OBJECTIVE: Imaging-based monitoring of molecular therapies in oncology remains a challenge. Molecular therapies might have more pronounced effects on lesion density than on lesion size. We analyzed changes in lesion diameter and density in patients with metastasized renal cell cancer (mRCC) in the early follow-up of targeted therapy and compared size-based measurements according to Response Evaluation Criteria in Solid Tumors (RECIST) with size- and density-based response evaluations according to the Choi criteria.
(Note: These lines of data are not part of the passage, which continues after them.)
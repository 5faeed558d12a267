-- ===== src/Deletion/Rows.antt =====
-- The table account_deletion_requests of api/internal/domain/deletion/repository.go.
use ctech_account.Common.{
  ◌≡◌, ◌≢◌, ◌⊎◌, ℕ, String, Bool, true, false, ◌&&◌, Option, some, arith, str_eq, str_eq_iff, leb,
}
use ctech_account.Deletion.Model.{Request, ServiceStatus, State, same_state}

-- REQ#id/META, SUB#user/OPEN and REQ#id/SVC#service.
pub data Key : Type 0 where
  request_key : String → Key
  marker_key : String → Key
  service_key : String → String → Key

-- A marker holds the id of the user's open request.
pub data Row : Type 0 where
  request_row : Request → Row
  marker_row : String → Row
  service_row : ServiceStatus → Row

abbrev pub same_key : Key → Key → Bool
same_key (request_key i) (request_key j) = str_eq i j
same_key (marker_key u) (marker_key v) = str_eq u v
same_key (service_key i s) (service_key j t) = str_eq i j && str_eq s t
same_key _ _ = false

pub same_key_iff : (a b : Key) → (same_key a b ≡ true) × (a ≡ b) ⊎ (same_key a b ≡ false) × (a ≢ b)
same_key_iff (request_key i) (request_key j) = ground (arith, str_eq_iff i j)
same_key_iff (marker_key u) (marker_key v) = ground (arith, str_eq_iff u v)
same_key_iff (service_key i s) (service_key j t) = ground (arith, str_eq_iff i j, str_eq_iff s t)
same_key_iff _ _ = ground arith

-- The index gsi_state_due up to a second, and the status rows of a request.
pub data Query : Type 0 where
  due : State → ℕ → ℕ → Query
  services_of : String → Query

abbrev due_by : Option State → Option ℕ → State → ℕ → Bool
due_by (some s) (some at) state now = same_state s state && leb at now
due_by _ _ state now = false

abbrev pub select : Query → Key → Row → Bool
select (due state now limit) k (request_row r) = due_by r.due_state r.next_action_at state now
select (due state now limit) k _ = false
select (services_of id) (service_key i s) r = str_eq id i
select (services_of id) _ r = false
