-- ===== src/Deletion/Env.antt =====
-- What the deletion service takes from outside its package: the table store, the clock, ids and tokens
-- (api/internal/crypto/token.go, GenerateMFAToken and HashToken), users, the Locker, the Mailer, who
-- owns what (Ownership), what stops leaving a product (ServiceEligibility), the Purger and the
-- ServiceUnlinker. None of these touches the table of the requests.
use ctech_account.Common.{ℕ, ◌≡◌, String, Bool, Option, some, List}
use ctech_account.Action.{Action}
use ctech_account.Dynamo.Contract.{Dynamo}
use ctech_account.Dynamo.Tables.{Silent}
use ctech_account.Deletion.Model.{Request, Workspace, User, Stamp, DeletionError}
use ctech_account.Deletion.Rows.{Key, Row, Query, same_key}

-- The e-mails, with the request's id, the token of the link and the product.
pub data Mail : Type 0 where
  confirm_mail : String → String → String → Mail
  scheduled_mail reminder_mail : String → String → Stamp → String → Mail
  blocked_mail : String → String → List String → String → Mail
  cancelled_mail : String → Mail

pub record Env : Type 1 where
  pub db : Dynamo Key Row Query same_key
  pub clock : db.World → ℕ × db.World
  pub new_id : db.World → String × db.World
  -- `none`: the random source failed.
  pub mint : db.World → Option String × db.World
  pub hash : String → String
  pub user_by_id : String → Action db.World DeletionError User
  pub lock : Request → Action db.World DeletionError (Unit {0})
  pub unlock : Request → Action db.World DeletionError (Unit {0})
  pub erase : Request → List String → Action db.World DeletionError (Unit {0})
  pub send : User → Mail → Action db.World DeletionError (Unit {0})
  -- The workspaces erased with the user, and the codes of the blockers.
  pub assess_ownership : String → Action db.World DeletionError (List Workspace × List String)
  -- `leavable` and `serviceElig` are nil together unless set; user, then product.
  pub leavable : Option (String → Bool)
  pub check_service : Option (String → String → Action db.World DeletionError (List String))
  pub finish_unlink : Option (Request → Action db.World DeletionError (Unit {0}))
  pub purge : Option (Request → Action db.World DeletionError (Unit {0}))
  pub participants : List String
  pub service_list : Option (List String)
  pub clock_silent : Silent db clock
  pub new_id_silent : Silent db new_id
  pub mint_silent : Silent db mint
  pub user_silent : (u : String) → Silent db (user_by_id u)
  pub lock_silent : (r : Request) → Silent db (lock r)
  pub unlock_silent : (r : Request) → Silent db (unlock r)
  pub erase_silent : (r : Request) (ss : List String) → Silent db (erase r ss)
  pub send_silent : (u : User) (m : Mail) → Silent db (send u m)
  pub assess_silent : (u : String) → Silent db (assess_ownership u)
  pub check_silent :
      (f : String → String → Action db.World DeletionError (List String))
      → check_service ≡ some f
      → (u s : String) → Silent db (f u s)
  pub finish_silent :
      (f : Request → Action db.World DeletionError (Unit {0}))
      → finish_unlink ≡ some f
      → (r : Request) → Silent db (f r)
  pub purge_silent :
      (f : Request → Action db.World DeletionError (Unit {0}))
      → purge ≡ some f
      → (r : Request) → Silent db (f r)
PATIENTS AND METHODS: A total of 22 patients treated with sorafenib (800 mg/d) were retrospectively analyzed. Relative changes (in %) in the greatest diameter and density of defined neoplastic "target lesions" were determined 8 weeks and 1 year after start of therapy in relation to a pretherapeutic baseline investigation. Data were analyzed according to RECIST (ver. 1.0), and results were compared with the response assessment based on Choi. Median survival was determined for all subgroups according to Choi or RECIST at the 8-week and 1-year follow-up.

RESULTS: Applying RECIST, 18 patients (82%) demonstrated stable disease (SD) 8 weeks after the start of targeted therapy, 3 patients (14%) partial response (PR), and 1 patient (4%) progressive disease (PD). Partial responders at 8 weeks had a median survival of 48 months. After 1 year, 59% of all patients still showed SD. Applying Choi, 15 patients (68%) showed PR 8 weeks after the start of therapy, 5 patients (23%) SD, and 2 patients (9%) PD. After 1 year, PR was still the predominant response group (64% of the patients). Partial responders after 8 weeks had a median survival of 18 months.

CONCLUSION: Choi defined more patients as partial responders at early stages of therapy than RECIST, but this was not an effective selection for patients with prolonged median survival. Evaluation of a larger patient cohort will further clarify the role of combined size- and density-based follow-up strategies in targeted therapy of mRCC.